# New To Everything!



## ahmaeya (Feb 24, 2015)

So I've been researching soap making and bath bombs for about a year now and I finally made my first successful batch of CP soap! I've been really drawn to bath bombs and I want to make richly colored bath bombs that won't stain the tub(AT ALL) but color the water! Which colorants should i look for?

I've researched water soluble oxides and pigments, I'm guessing these won't just float on the top and create a weird ring! Is this accurate or am I stuck using food coloring/pale looking bath bombs =/

Help soap making gods and goddesses!! <3

:sad::sad::sad:


----------



## cmzaha (Feb 24, 2015)

Any colorant can stain a tub with old etched or acid eaten porcelain so do not go to dark. It really does not take much colorant to color water a light color. Here is a link for some bath bomb colors http://www.wholesalesuppliesplus.com/ProductFilter.aspx?FBK=Bath+Bomb+Colors&Submit=&FDW=1


----------



## TBandCW (Feb 24, 2015)

I color my bath bombs with food coloring.  When I started making them, all I had was food color and I guess I'm a creature of habit, 5 yrs later still using food color for making bath bombs!  The one problem I have is that the color fades in the sun at craft fairs.


----------



## ahmaeya (Feb 24, 2015)

cmzaha said:


> Any colorant can stain a tub with old etched or acid eaten porcelain so do not go to dark.
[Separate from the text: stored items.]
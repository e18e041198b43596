-- ===== src/Tests/History.antt =====
-- The history of a user who rotated once.
use undergroundbb.History.Served.{build_own_key_history-IsServed}
use undergroundbb.Wire.Decimal.{decimal}
use undergroundbb.Wire.Encoding.{
  uint32_be, append_length_prefixed, concat_onto, length_prefixed_concat, base64_to_bytes,
}
use undergroundbb.Wire.Compare.{bytes_equal}
use undergroundbb.Wire.Signature.{contextualize, verify}
use undergroundbb.Grant.SortKey.{after, exactly, day_prefix}
use undergroundbb.History.Roster.{
  insert, sort, roster_entry_id, roster_digest, decode_entries, decode_roster, decode_sized,
}
use undergroundbb.History.Covered.{signing_keys_on-covers}
use undergroundbb.History.Query.{
  last_link, ends_at_wrapping, admitted_link, chain_carries_keys, listed, since, signer_link,
  any_link, own_signer_accepted, signing_keys_on,
}
use undergroundbb.History.Signer.{
  own_signer_accepted_sound, chain_carries_keys_sound, IsListed, IsCarried,
}
use undergroundbb.History.Chain.{IsServed, IsChain}
use undergroundbb.History.Build.{
  is_day, decode_change, change_payload, ends_at, follows, insert_change, sort_changes,
  check_change, build_link, build_links, build_own_key_history,
}
use undergroundbb.Base.{
  any, ◌===◌, ◌<<◌, find, In, ◌≡◌, refl, [], ◌∷◌, ◌++◌, none, some, codes, ◌⊎◌, true, List, Text,
  Bytes,
}
use undergroundbb.Tests.Toy.{toy, alice, alice_key, bob_key}
use undergroundbb.History.Records.{WireKeyChange, WireKeyChangeRoster, OwnKeyHistory, OwnKeyLink}
use undergroundbb.History.Sound.{build_own_key_history-IsChain}

abbrev pin_signature : Bytes
pin_signature = alice_key ++ alice_key

abbrev pin_row : Text
pin_row = codes "PIN#" ++ alice

abbrev entry_id : Bytes
entry_id = codes "PIN#aaaaaaaa-aaa"

abbrev one_entry_digest : Bytes
one_entry_digest =
    0 ∷ 0 ∷ 0 ∷ 1 ∷ 49 ∷ 0 ∷ 0 ∷ 0 ∷ 16 ∷ (entry_id ++ (0 ∷ 0 ∷ 0 ∷ 0 ∷ 0 ∷ 0 ∷ 0 ∷ []))

abbrev pub change : WireKeyChange
change = record {
  key_epoch = 1;
  day = codes "2024-03-01";
  old_signing_public_key = alice_key;
  old_wrapping_public_key = codes "old-wrapping-key-of--32-bytes-00";
  new_signing_public_key = bob_key;
  new_wrapping_public_key = codes "new-wrapping-key-of--32-bytes-00";
  roster_digest = one_entry_digest;
  old_signature = alice_key ++ alice_key;
  new_signature = bob_key ++ bob_key;
}

abbrev link : OwnKeyLink
link = record {
  epoch = 1;
  day = codes "2024-03-01";
  old_signing = alice_key;
  new_signing = bob_key;
  old_wrapping = codes "old-wrapping-key-of--32-bytes-00";
  new_wrapping = codes "new-wrapping-key-of--32-bytes-00";
  roster = some (entry_id ∷ []);
}

abbrev history : OwnKeyHistory
history = record { current = bob_key; links = link ∷ [] }

abbrev rosters : List WireKeyChangeRoster
rosters = record { key_epoch = 1; roster = entry_id ∷ [] } ∷ []

builds : build_own_key_history toy alice bob_key (change ∷ []) rosters ≡ some history
unfolding toy build_own_key_history build_links build_link check_change sort_changes insert_change
    follows ends_at change_payload decode_change decode_sized decode_roster decode_entries
    roster_digest roster_entry_id sort insert is_day day_prefix exactly after find verify
    contextualize bytes_equal base64_to_bytes ◌<<◌ ◌===◌ decimal own_signer_accepted any_link
    signer_link since listed any chain_carries_keys admitted_link ends_at_wrapping last_link
    length_prefixed_concat concat_onto append_length_prefixed uint32_be
builds = refl

accepted :
    own_signer_accepted toy history alice_key (codes "2024-02-01") pin_row pin_signature ≡ true
unfolding toy build_own_key_history build_links build_link check_change sort_changes insert_change
    follows ends_at change_payload decode_change decode_sized decode_roster decode_entries
    roster_digest roster_entry_id sort insert is_day day_prefix exactly after find verify
    contextualize bytes_equal base64_to_bytes ◌<<◌ ◌===◌ decimal own_signer_accepted any_link
    signer_link since listed any chain_carries_keys admitted_link ends_at_wrapping last_link
    length_prefixed_concat concat_onto append_length_prefixed uint32_be
accepted = refl

carries :
    chain_carries_keys toy history alice_key link.old_wrapping
      (codes "2024-02-01")
      link.new_wrapping
    ≡ true
unfolding toy build_own_key_history build_links build_link check_change sort_changes insert_change
    follows ends_at change_payload decode_change decode_sized decode_roster decode_entries
    roster_digest roster_entry_id sort insert is_day day_prefix exactly after find verify
    contextualize bytes_equal base64_to_bytes ◌<<◌ ◌===◌ decimal own_signer_accepted any_link
    signer_link since listed any chain_carries_keys admitted_link ends_at_wrapping last_link
    length_prefixed_concat concat_onto append_length_prefixed uint32_be
carries = refl

build_own_key_history-IsChain_example :
    (bob_key ≡ bob_key) × IsChain toy alice bob_key 0 none (link ∷ [])
build_own_key_history-IsChain_example =
    build_own_key_history-IsChain toy alice bob_key (change ∷ []) rosters history builds

build_own_key_history-IsServed_example : IsServed toy alice (change ∷ []) (link ∷ [])
build_own_key_history-IsServed_example =
    build_own_key_history-IsServed toy alice bob_key (change ∷ []) rosters history builds

own_signer_accepted_sound_example :
    (alice_key ≡ bob_key)
    ⊎ IsListed toy alice history alice_key (codes "2024-02-01") pin_row pin_signature
own_signer_accepted_sound_example =
    own_signer_accepted_sound toy alice bob_key (change ∷ []) rosters history alice_key
      (codes "2024-02-01") pin_row pin_signature builds accepted

chain_carries_keys_sound_example :
    IsCarried toy alice history alice_key link.old_wrapping (codes "2024-02-01") link.new_wrapping
chain_carries_keys_sound_example =
    chain_carries_keys_sound toy alice bob_key (change ∷ []) rosters history alice_key
      link.old_wrapping (codes "2024-02-01") link.new_wrapping builds carries

signing_keys_on-covers_example :
    (k : Bytes) × In k (signing_keys_on history bob_key (codes "2024-03-01"))
signing_keys_on-covers_example = signing_keys_on-covers history bob_key (codes "2024-03-01")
It really does not take much colorant to color water a light color. Here is a link for some bath bomb colors http://www.wholesalesuppliesplus.com/ProductFilter.aspx?FBK=Bath+Bomb+Colors&Submit=&FDW=1



hey thanks a lot! i saw those colorants, my guess any cosmetic safe FD & C colorants work! Since thats what those WSP.com colorants are. 
love this forum already! 
Appreciate the help!


----------



## ahmaeya (Feb 24, 2015)

TBandCW said:


> I color my bath bombs with food coloring.  When I started making them, all I had was food color and I guess I'm a creature of habit, 5 yrs later still using food color for making bath bombs!  The one problem I have is that the color fades in the sun at craft fairs.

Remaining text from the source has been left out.